Kurz um: wichtige Schritte im Übergang zur Arbeiteroffensive wurden gemacht.
Natürlich ist das noch nicht die Arbeiteroffensive. Sie ist unter den heutigen Bedingungen eine sehr hohe Anforderung an das Klassenbewusstsein und bedeutet, "den Kampf um die Tagesforderungen und Teillosungen auf offensive Art zu führen, um ihn höher entwickeln zu können. … Der ökonomische Kampf muss die soziale und ökologische Frage umfassen und mit dem politischen Kampf verbunden bzw. in den politischen Kampf übergeleitet werden. … Der Kampf zur Befreiung der Arbeiterklasse und zur Befreiung der Frau muss identisch werden. … Die Arbeiterkämpfe müssen den Kampf um die Lösung der sozialen Frage mit dem Kampf um die Lösung der Umweltfrage verbinden. … Der Motor des Übergangs zur Arbeiteroffensive ist die Einheit von Jung und Alt. … Die Einzelkämpfe müssen zu Massenkämpfen zusammengefasst und höherentwickelt werden. … Gegebenenfalls muss der gewerkschaftliche Rahmen durchbrochen werden, und die Arbeiterklasse muss zu selbständigen Kämpfen übergehen. … Die Arbeiterklasse muss mit dem gesellschaftlich organisierten System der kleinbürgerlichen Denkweise fertig werden. … Die Arbeiterkämpfe im nationalen Rahmen müssen gegebenenfalls länderübergreifend ausgedehnt werden. So werden sie zur Schule der internationalen Arbeitereinheit und der Vorbereitung der internationalen Revolution.". (Programm der MLPD, S. 107ff)

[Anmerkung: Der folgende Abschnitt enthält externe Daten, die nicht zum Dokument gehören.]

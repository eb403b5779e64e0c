-- ===== src/Synchronisation/Global.antt =====
-- scheduler/src/api/handlers/worker_sync.rs: `run_reconciler_for_worker` for a worker without
-- sessions: it claims one, or looks after those of others.
-- Job Proc
use agentbeacon.Transition.Actions.{Action}
use agentbeacon.Tx.{Rejected}
use agentbeacon.Procedures.{done, ◌>>=◌, ◌>>◌, kill_worker, read_clock, broadcast, read_heartbeats}
use agentbeacon.Statements.Sync.{
  find_reconcilable, find_sessions_for_worker, find_unassigned_with_work,
}
use agentbeacon.Reconciler.Cascade.{Job, ignored, run_transition, query}
use agentbeacon.Reconciler.Commands.{CommandAction, ReconcilerAction}
use agentbeacon.Tables.{Session, is_terminate, is_crashed}
use agentbeacon.Reconciler.Reconcile.{say}
use agentbeacon.Synchronisation.Rounds.{
  reconcile_session, run_for_held, ReconcilerResult, wake_if, nothing_found,
}
use agentbeacon.Base.{
  String, List, Option, Bool, ℕ, if◌then◌else◌, is_some, none, false, is_none, some, ◌||◌, ◌∷◌, [],
  ltb, str_eq, true, ◌&&◌, not, pos, ◌-◌, unwrap_or,
}
use agentbeacon.Synchronisation.Requests.{Server, caught}

module _ (server : Server) (worker_id : String) where
  abbrev pub command_in : Option (Option ReconcilerAction) → Option (String × CommandAction)
  command_in (some (some (ReconcilerAction.send_command token action))) = some (token, action)
  command_in _ = none

  unfoldable pub claim_from : Option (Option Session) → Job (Option (String × CommandAction))
  unfolding reconcile_session
  claim_from (some (some session)) = do
    action ← reconcile_session server worker_id true (some worker_id) session
    done (command_in action)
  claim_from _ = done none

  unfoldable pub claim : Job (Option (String × CommandAction))
  unfolding caught find_unassigned_with_work claim_from
  claim = do found ← caught (query find_unassigned_with_work); claim_from found

  abbrev pub last_seen : String → List (String × ℕ) → Option ℕ
  last_seen holder [] = none
  last_seen holder ((id, at) ∷ beats) = if str_eq id holder then some at else last_seen holder beats

  -- A worker that was never heard of counts from the start of the scheduler.
  unfoldable pub is_expired : List (String × ℕ) → String → Job Bool
  is_expired beats holder = do
    now ← read_clock
    done (ltb server.heartbeat_timeout (now - unwrap_or (last_seen holder beats) server.started_at))

  unfoldable pub drop_worker : Session → String → Job (Unit {0})
  unfolding say ignored run_transition
  drop_worker session holder = do
    (if session.command_has_payload
        then say session "Agent recovered from a crash. A message may have been lost."
        else done tt)
    kill_worker holder
    ignored {E = Rejected} (run_transition session.execution_id session.id Action.detect_crash)

  abbrev pub has_changed : Option (Option ReconcilerAction) → Bool
  has_changed (some (some ReconcilerAction.mutated)) = true
  has_changed (some (some ReconcilerAction.repaired)) = true
  has_changed _ = false

  unfoldable pub reconcile_other : Session → Job Bool
  unfolding reconcile_session
  reconcile_other session = do
    action ← reconcile_session server worker_id false none session
    (if has_changed action then broadcast session.execution_id (pos 0) else done tt)
    done (has_changed action)

  abbrev needs_global_reconciliation : Session → Bool
  needs_global_reconciliation s =
      is_some s.command_token || is_terminate s.desired || is_crashed s.executor_state

  unfoldable pub look_after : List (String × ℕ) → Session → Option String → Job Bool
  unfolding reconcile_other is_expired drop_worker
  look_after beats session none =
      if is_none session.outcome
        && not (is_terminate session.desired)
        && not (is_crashed session.executor_state)
      then done false
      else reconcile_other session
  look_after beats session (some holder) = if str_eq holder worker_id then done false else do
    expired ← is_expired beats holder
    if expired
        then (do drop_worker session holder; done true)
        else if is_none session.outcome && not (needs_global_reconciliation session)
        then done false
        else reconcile_other session

  unfoldable pub look_after_all : List (String × ℕ) → List Session → Bool → Job Bool
  unfolding look_after
  look_after_all beats [] mutated = done mutated
  look_after_all beats (session ∷ rest) mutated = do
    changed ← look_after beats session session.worker_id
    look_after_all beats rest (mutated || changed)

  unfoldable pub look_after_found : Option (List Session) → Job Bool
  unfolding look_after_all
  look_after_found none = done false
  look_after_found (some sessions) = do beats ← read_heartbeats; look_after_all beats sessions false

  unfoldable pub run_for_others : Job ReconcilerResult
  unfolding caught find_reconcilable look_after_found wake_if
  run_for_others = do
    found ← caught (query find_reconcilable)
    mutated ← look_after_found found
    wake_if mutated
    done (if mutated then ReconcilerResult.no_action else nothing_found)

  unfoldable pub run_without : Option (String × CommandAction) → Job ReconcilerResult
  unfolding run_for_others
  run_without (some (token, action)) = done (ReconcilerResult.command token action)
  run_without none = run_for_others

  unfoldable pub run_for : Option (List Session) → Job ReconcilerResult
  unfolding claim run_without run_for_held
  run_for none = done nothing_found
  run_for (some []) = do claimed ← claim; run_without claimed
  run_for (some (session ∷ rest)) = run_for_held server worker_id

  unfoldable pub run_reconciler_for_worker : Job ReconcilerResult
  unfolding caught find_sessions_for_worker run_for
  run_reconciler_for_worker = do
    sessions ← caught (query (find_sessions_for_worker worker_id))
    run_for sessions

Es ist die Aufgabe der Marxisten-Leninisten, den Arbeitern reinen Wein einzuschenken, dass ihnen mit den bevorstehenden größten Klassenauseinandersetzungen der Nachkriegsgeschichte harte Kämpfe und große Herausforderungen an die proletarische Denkweise bevorstehen; nicht aber ist es Aufgabe der Marxisten-Leninisten, den Arbeitern die Allmacht der Bosse zu suggerieren, ihnen die Erfolglosigkeit ihres Kampfes zu bescheinigen und zu versuchen, Druck für eine künstlich forcierte Entwicklung des Klassenbewusstseins auszuüben.
Wer sagt denn, dass der Kampf zu Ende ist? Die einschneidenden Lohnsenkungen setzen den selbständigen Kampf um Lohnnachschlag auf die Tagesordnung. Die geplante Vernichtung von 35.000 Arbeitsplätzen fordert selbständige Kämpfe heraus. Um sie führen zu können, müssen die Arbeiter mit der kleinbürgerlichen Denkweise der Klassenzusammenarbeitspolitik fertig werden und vor allem immun gegenüber der kleinbürgerlich-antikommunistischen Denkweise.
Nach all den Erfahrungen der letzten Monate kann man das feste Vertrauen in die Arbeiter haben, dass sie – nicht zuletzt durch die Überzeugungsarbeit der MLPD – ihre Erfahrungen verarbeiten und ihre Schlussfolgerungen ziehen werden. Wie endete doch vorausschauend der Artikel am 17. Dezember 2024 von Gabi Fechtner "Im Trainingslager für die Arbeiteroffensive"? "Gerade, weil die Veränderungen so groß sind, muss man den Arbeiterinnen und Arbeitern Zeit geben, sie zu verarbeiten und die neuen Herausforderungen zu begreifen. … Und nur in Verbindung mit praktischen Kampferfahrungen entwickelt sich das Klassenbewusstsein. Es ist äußerst bedeutsam, dass dieser Prozess begonnen hat."